States and district of Columbia by latent class.

Discussion

The LCA analysis identified three distinct groups of states, which aids in MENDS project planning and may serve as an approach for similar efforts with chronic disease surveillance to consider. States within each class exhibited strong similarities in domains (e.g. sociodemographic) while these differed notably among the classes. In addition, the three classes have a clear geographic orientation. These findings suggest that the three classes are cohesive and can be used to identify states when selecting additional sites. The different distribution of characteristics in the three classes warrants additional investigation to understand the underlying factors driving these patterns (e.g. population chronic disease burden, insurance status, public health infrastructure, etc.
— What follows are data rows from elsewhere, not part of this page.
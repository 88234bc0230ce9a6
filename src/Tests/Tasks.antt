-- ===== src/Tests/Tasks.antt =====
-- Runs of the task use cases and of the idempotency store on Postgres.
use nodejs_basics.Prelude.{
  ◌≤◌, true, false, none, some, [], ◌∷◌, ◌≡◌, ◌↔◌, ◌⊎◌, refl, arith, ◌&&◌, ◌===◌, string_key,
  eq_iff, if◌then◌else◌,
}
use nodejs_basics.Tasks.{
  Database, World, committed, returned, UpdateTaskInput, new_task, create, update, archive,
  update_task, archive_task,
}
use nodejs_basics.Tasks.Atomic.{with_task, create-atomic}
use nodejs_basics.Tasks.Locking.{updates, archives, all_wins, wins, after, no_lost_update, IsKeyed}
use nodejs_basics.Idempotency.PgStore
use nodejs_basics.Idempotency.PgStore.Live.{until, get-set_nx}

abbrev world : World
world = record {
  begins = true;
  inserts = true;
  adds = true;
  updates = true;
  commit = committed;
  rolls_back = true;
  now = 5;
}

abbrev empty : Database
empty = record { tasks = λ k. none; outbox = [] }

create-atomic_example :
    let (db', answer, broken) = create world "t1" "Buy milk" none empty in
    ((db' ≡ empty) ⊎ (db' ≡ with_task (new_task world "t1" "Buy milk" none) empty))
    × ((answer ≡ returned (new_task world "t1" "Buy milk" none))
        → (db' ≡ with_task (new_task world "t1" "Buy milk" none) empty) × (empty.tasks "t1" ≡ none))
    × ((broken ≡ true) → (world.rolls_back ≡ false))
create-atomic_example = create-atomic world "t1" "Buy milk" none empty

abbrev stored : Database
stored = record {
  tasks = λ k. if k === "t1" then some (new_task world "t1" "Buy milk" none) else none;
  outbox = [];
}

abbrev rename : UpdateTaskInput
rename = record { title = some "Buy bread"; description = none }

stored-IsKeyed : IsKeyed stored
stored-IsKeyed id t e = ground (arith, eq_iff id "t1")

no_lost_update_example :
    all_wins "t1" 0 ((world, updates "t1" 0 rename) ∷ (world, archives "t1" 0) ∷ []) stored ≤ 1
no_lost_update_example =
    no_lost_update "t1" 0 ((world, updates "t1" 0 rename) ∷ (world, archives "t1" 0) ∷ []) stored
      stored-IsKeyed

-- The first of the two goes through.
first_wins :
    all_wins "t1" 0 ((world, updates "t1" 0 rename) ∷ (world, archives "t1" 0) ∷ []) stored ≡ 1
unfolding all_wins wins after update archive update_task archive_task
first_wins = refl

abbrev keys : PgStore.Table
keys k = if k === "a" then some (record { value = "old"; expires_at = 10 }) else none

get-set_nx_example :
    let (table', taken) = PgStore.set_nx (λ k. true) keys "a" "new" 30 20 in
    ((taken ≡ true) ↔ (PgStore.get keys "a" 20 ≡ none))
    × (PgStore.get table' "a" 25
        ≡ (if taken && true then until 50 25 "new" else PgStore.get keys "a" 25))
get-set_nx_example = get-set_nx (λ k. true) keys "a" "new" "a" 30 20 25 (omega arith)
The National Health and Nutrition Examination Survey (NHANES) used a similar strategy to group states and territories into four strata according to similarities in sociodemographics and health, but not based on LCAs. ¹⁰ Although our LCA is limited by the small number of units under analysis, it generated results to inform continued recruitment of sites. Similar LCAs have been used to classify cities/towns into categories of chronic disease risk despite small sample sizes. ⁷

Use of EHR data has the potential to advance public health surveillance and guide public health interventions, ¹¹ which may include approaches at various geographic levels. MENDS presents one opportunity to modernize chronic disease surveillance methods with timely EHR data. These results are only one part of the planning process, especially for EHR surveillance, which relies on engagement of clinical partner sites and resources for implementation. In the MENDS pilot, decisions to identify four initial partner sites were made prior to conducting the LCA analysis and relied upon partners’ ability and interest to engage in the pilot. For future expansion, the underlying data from states in underrepresented latent classes will help inform the selection of partner sites to increase the representativeness of MENDS. Although this work was undertaken as part of surveillance planning at a national level, it could also be replicated at smaller geographies (e.g. county) for other surveillance planning purposes.